Fünf Milliarden Dollar
Philips kauft Aktien zurück

Der niederländische Elektronik-Konzern Philips plant umfangreiche Aktienrückkäufe. Hintergrund ist eine Änderung des nioederländischen Steuergesetzes: Demnach können niederländische Firmen fortan größere Summen für Aktienrückkaufe von der Steuer absetzen.

HB AMSTERDAM. Der niederländische Elektronik-Konzern Philips hat ein neues Aktienrückkaufprogramm im Volumen von fünf Mrd. Euro angekündigt. Das Vorhaben solle ab dem 2. Januar umgesetzt werden, teilte das Unternehmen am Mittwoch mit. Der Schritt folgte nur wenige Stunden auf die Annahme eines neuen Steuerrechts im Parlament.
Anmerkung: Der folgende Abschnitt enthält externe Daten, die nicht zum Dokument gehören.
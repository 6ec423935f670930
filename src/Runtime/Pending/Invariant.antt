-- ===== src/Runtime/Pending/Invariant.antt =====
-- crates/hataori-runtime/src/pending.rs: the table's invariant, and that every method keeps it.
use hataori_rs.Prelude.{
  ◌≤◌, ◌≡◌, refl, ◌∙◌, ◌||◌, not, Option, none, some, List, [], ◌∷◌, ok, leb, eqb, length, arith,
  inl, inr, Bool-cases, Option-cases, same_self,
}
use hataori_rs.Prelude.Assoc.{
  lookup, insert, remove, Unique, insert-Unique, remove-Unique, total-insert, total-remove,
  length-total, lookup-remove,
}
use hataori_rs.Protocol.Ids.{ActionId, LocalityId, RequestId}
use hataori_rs.Runtime.Message.{request_key}
use hataori_rs.Runtime.Pending.{
  PendingEntry, PendingTable, insert_entry, take_at, take_checked, remove_entry, take_all,
}

pub record Inv (t : PendingTable) : Type 0 where
  pub unique : Unique t.entries
  pub room : length t.entries ≤ t.limit

pub removed :
    (t : PendingTable) (request : RequestId)
    → Inv t
    → Inv (record t { entries = remove request t.entries })
removed t request v = record {
  unique = remove-Unique request t.entries v.unique;
  room = omega (
    arith,
    v.room,
    total-remove (λ _. 1) request t.entries,
    length-total t.entries,
    length-total (remove request t.entries),
  );
}

pub insert_entry-Inv :
    (request : RequestId) (entry : PendingEntry) (t : PendingTable)
    → Inv t
    → Inv (insert_entry request entry t).1
unfolding insert_entry
insert_entry-Inv request entry t v = elim (Bool-cases (leb t.limit (length t.entries))) [
  | inl full ↦ rw full (record { unique = v.unique; room = v.room })
  | inr free ↦ rw free (record {
    unique = insert-Unique request entry t.entries v.unique;
    room = ground (
      arith,
      v.room,
      total-insert (λ _. 1) request entry t.entries,
      length-total t.entries,
      length-total (insert request entry t.entries),
    );
  })
]

take_at-Inv :
    (request : RequestId) (source : LocalityId) (action : ActionId) (o : Option PendingEntry)
    (t : PendingTable)
    → Inv t
    → Inv (take_at request source action o t).1
unfolding take_at
take_at-Inv request source action none t v = v
take_at-Inv request source action (some entry) t v =
    elim (Bool-cases (not (eqb entry.destination source) || not (eqb entry.action action))) [
      | inl other ↦ rw other v
      | inr same ↦ rw same (removed t request v)
    ]

pub take_checked-Inv :
    (request : RequestId) (source : LocalityId) (action : ActionId) (t : PendingTable)
    → Inv t
    → Inv (take_checked request source action t).1
unfolding take_checked
take_checked-Inv request source action t v = take_at-Inv request source action _ t v

pub take_all-Inv :
    (requests : List RequestId) (t : PendingTable) → Inv t → Inv (take_all requests t).1
unfolding take_all remove_entry
take_all-Inv [] t v = v
take_all-Inv (request ∷ requests) t v =
    ground (arith, take_all-Inv requests _ (removed t request v))

-- In a well-formed table, an answer is handed to a call only from where the call was sent and for
-- its action, and once: the entry is gone from the table, so that a second answer finds none.
pub take_checked_once :
    (request : RequestId) (source : LocalityId) (action : ActionId) (entry : PendingEntry)
    (t s : PendingTable)
    → Inv t
    → take_checked request source action t ≡ (ok (some entry), s)
    → (lookup request t.entries ≡ some entry)
      × (entry.destination ≡ source)
      × (entry.action ≡ action)
      × (take_checked request source action s ≡ (ok none, s))
unfolding take_checked take_at
take_checked_once request source action entry t s v e =
    elim (Option-cases (lookup request t.entries)) [
      | inl gone ↦ absurd (ground arith)
      | inr (found, at) ↦
          let after : lookup request (remove request t.entries) ≡ none =
            lookup-remove request request t.entries v.unique ∙ rw (same_self request) refl in
          ground (arith, after)
    ]
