-- ===== src/Runtime/Pending/Calls.antt =====
-- crates/hataori-runtime/src/pending.rs: sequences of calls of a table's methods.
use hataori_rs.Prelude.{ℕ, List, [], ◌∷◌, arith}
use hataori_rs.Protocol.Ids.{ActionId, LocalityId, RequestId}
use hataori_rs.Runtime.Pending.{
  PendingEntry, PendingTable, new_table, insert_entry, take_checked, remove_entry, expired,
  expired_requests, drain,
}
use hataori_rs.Runtime.Pending.Invariant.{
  Inv, removed, insert_entry-Inv, take_checked-Inv, take_all-Inv,
}

pub data TableCall : Type 0 where
  on_insert : RequestId → PendingEntry → TableCall
  on_take : RequestId → LocalityId → ActionId → TableCall
  on_remove : RequestId → TableCall
  on_expired : ℕ → TableCall
  on_drain : TableCall

-- The table that a call leaves, whether it succeeds or not.
unfoldable pub perform : TableCall → PendingTable → PendingTable
perform (TableCall.on_insert request entry) t = (insert_entry request entry t).1
perform (TableCall.on_take request source action) t = (take_checked request source action t).1
perform (TableCall.on_remove request) t = (remove_entry request t).1
perform (TableCall.on_expired now) t = (expired now t).1
perform TableCall.on_drain t = (drain t).1

unfoldable pub run_table : List TableCall → PendingTable → PendingTable
unfolding perform
run_table [] t = t
run_table (call ∷ calls) t = run_table calls (perform call t)

kept : (call : TableCall) (t : PendingTable) → Inv t → Inv (perform call t)
unfolding perform remove_entry expired drain
kept (TableCall.on_insert request entry) t v = insert_entry-Inv request entry t v
kept (TableCall.on_take request source action) t v = take_checked-Inv request source action t v
kept (TableCall.on_remove request) t v = removed t request v
kept (TableCall.on_expired now) t v = take_all-Inv (expired_requests now t.entries) t v
kept TableCall.on_drain t v = record { unique = tt; room = omega arith }

all_kept : (calls : List TableCall) (t : PendingTable) → Inv t → Inv (run_table calls t)
unfolding run_table
all_kept [] t v = v
all_kept (call ∷ calls) t v = all_kept calls (perform call t) (kept call t v)

-- Whatever calls are made on a new table, failed ones included, it holds one entry a request and no
-- more entries than its limit.
pub run_table-Inv : (limit : ℕ) (calls : List TableCall) → Inv (run_table calls (new_table limit))
unfolding new_table
run_table-Inv limit calls =
    all_kept calls (new_table limit) (record { unique = tt; room = omega arith })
Demnach können niederländische Firmen fortan größere Summen für Aktienrückkaufe von der Steuer absetzen. Analysten zeigten sich vom Umfang des Aktienrückkaufprogramms positiv überrascht. Die Philips -Aktie legte im Vormittagshandel mehr als 2,5 Prozent zu.

Seit 2005 hat Philips bereits eigene Akien im Wert von 5,2 Mrd. Euro zurückgekauft und die Übernahmen anderer Firmen im Wert von 6,5 Mrd. Euro umgesetzt beziehungsweise eingefädelt. Das Unternehmen hat sich im vergangenen Jahr von seiner Halbleiter-Sparte getrennt und will sich künftig auf sein Geschäft mit Verbraucher-Elektronik und Medizintechnik konzentrieren. Vor kurzem bekundeten zwei Hedge Fonds aus den USA Interesse an dem Unternehmen.